**What is expected**
Which lines below contain the word "held"? Copy each one.

*** Material provided ***

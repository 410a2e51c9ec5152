-- ===== src/Replies/Mounted.antt =====
-- nfs3/allunix.go: Mount and UnMount of the exported directory.
use gonfs.Common.{
  ℕ, ◌<◌, ◌^◌, ◌≡◌, refl, ap, Text, Option, none, some, Option-cases, [], ◌∷◌, inl, inr,
  text_eq_refl, arith,
}
use gonfs.Os.{Os}
use gonfs.Types.Status.{mnt3_ok}
use gonfs.Types.Reply.{Mountres3}
use gonfs.Prog
use gonfs.Prog.{Prog, ret, ◌>>=◌, ◌>>◌, with_path, set_value_for_handle, delete_handle}
use gonfs.Prog.Run.{Handles, put, remove, done, Server, run}
use gonfs.Backend.Base.{Backend, uint64, put_uint64, make_fhandle}
use gonfs.Backend.Mount.{mount, unmount, mount_dir_fhandle}
use gonfs.Replies.Handles.{uint64-put_uint64}

module _ (be : Backend) (range : (t : Text) → be.fnv64a t < 2 ^ 64) (os : Os) (s : Server os) where
  decoded :
      (path : Text)
      → uint64 (put_uint64 (mount_dir_fhandle be path)) ≡ some (mount_dir_fhandle be path)
  unfolding mount_dir_fhandle make_fhandle
  decoded path = uint64-put_uint64 _ (range _)

  put-same : (m : Handles) (h : ℕ) (p : Text) → put m h p h ≡ some p
  put-same m h p = ground arith

  abbrev h : ℕ
  h = mount_dir_fhandle be be.export_path

  abbrev reply : Mountres3
  reply = record { fhs_status = mnt3_ok; fhandle = put_uint64 h; auth_flavors = 1 ∷ [] }

  run-mount :
      (o : Option Text)
      → s.handles h ≡ o
      → run os (mount be be.export_path) s
        ≡ run os
            (do Prog.on_found (set_value_for_handle h be.export_path) (λ f. ret tt) o; ret reply)
            s
  unfolding mount run with_path ◌>>=◌
  run-mount o e = rw (text_eq_refl be.export_path) (
      ap
        (λ x.
          run os
            (do Prog.on_found (set_value_for_handle h be.export_path) (λ f. ret tt) x; ret reply) s)
        e)

  -- With 64-bit hash values, mounting the exported directory succeeds, whether or not it is mounted already, and its reply
  -- is the handle of the directory, which the map then holds.
  pub mount-export :
      (r : Mountres3) × (t : Server os) × (run os (mount be be.export_path) s ≡ (done r, t))
      × (r.fhs_status ≡ mnt3_ok)
      × (uint64 r.fhandle ≡ some (mount_dir_fhandle be be.export_path))
      × ((held : Text) × (t.handles (mount_dir_fhandle be be.export_path) ≡ some held))
  unfolding run set_value_for_handle ◌>>=◌
  mount-export = elim (Option-cases (s.handles h)) [
    | inl e ↦ (
      reply,
      record s { handles = put s.handles h be.export_path },
      run-mount none e,
      refl,
      decoded be.export_path,
      (be.export_path, put-same s.handles h be.export_path),
    )
    | inr (held, e) ↦ (reply, s, run-mount (some held) e, refl, decoded be.export_path, (held, e))
  ]

module _ (be : Backend) (os : Os) (s : Server os) where
  run-unmount :
      (o : Option Text)
      → s.handles (mount_dir_fhandle be be.export_path) ≡ o
      → run os (unmount be be.export_path) s
        ≡ run os
            (Prog.on_found (ret tt) (λ f. delete_handle (mount_dir_fhandle be be.export_path)) o)
            s
  unfolding unmount run with_path
  run-unmount o e = rw (text_eq_refl be.export_path) (
      ap
        (λ x.
          run os
            (Prog.on_found (ret tt) (λ f. delete_handle (mount_dir_fhandle be be.export_path)) x) s)
        e)

  remove-same : (m : Handles) (k : ℕ) → remove m k k ≡ none
  remove-same m k = ground arith

  -- Unmounting the exported directory, mounted or not, leaves the map without its handle.
  pub unmount-export :
      (t : Server os) × (run os (unmount be be.export_path) s ≡ (done tt, t))
      × (t.handles (mount_dir_fhandle be be.export_path) ≡ none)
  unfolding run delete_handle
  unmount-export = elim (Option-cases (s.handles (mount_dir_fhandle be be.export_path))) [
    | inl e ↦ (s, run-unmount none e, e)
    | inr (held, e) ↦ (
      record s { handles = remove s.handles (mount_dir_fhandle be be.export_path) },
      run-unmount (some held) e,
      remove-same s.handles _,
    )
  ]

*** End of Material provided ***

**Response to the exercise**
      × ((held : Text) × (t.handles (mount_dir_fhandle be be.export_path) ≡ some held))
    | inr (held, e) ↦ (reply, s, run-mount (some held) e, refl, decoded be.export_path, (held, e))
    | inr (held, e) ↦ (
      run-unmount (some held) e,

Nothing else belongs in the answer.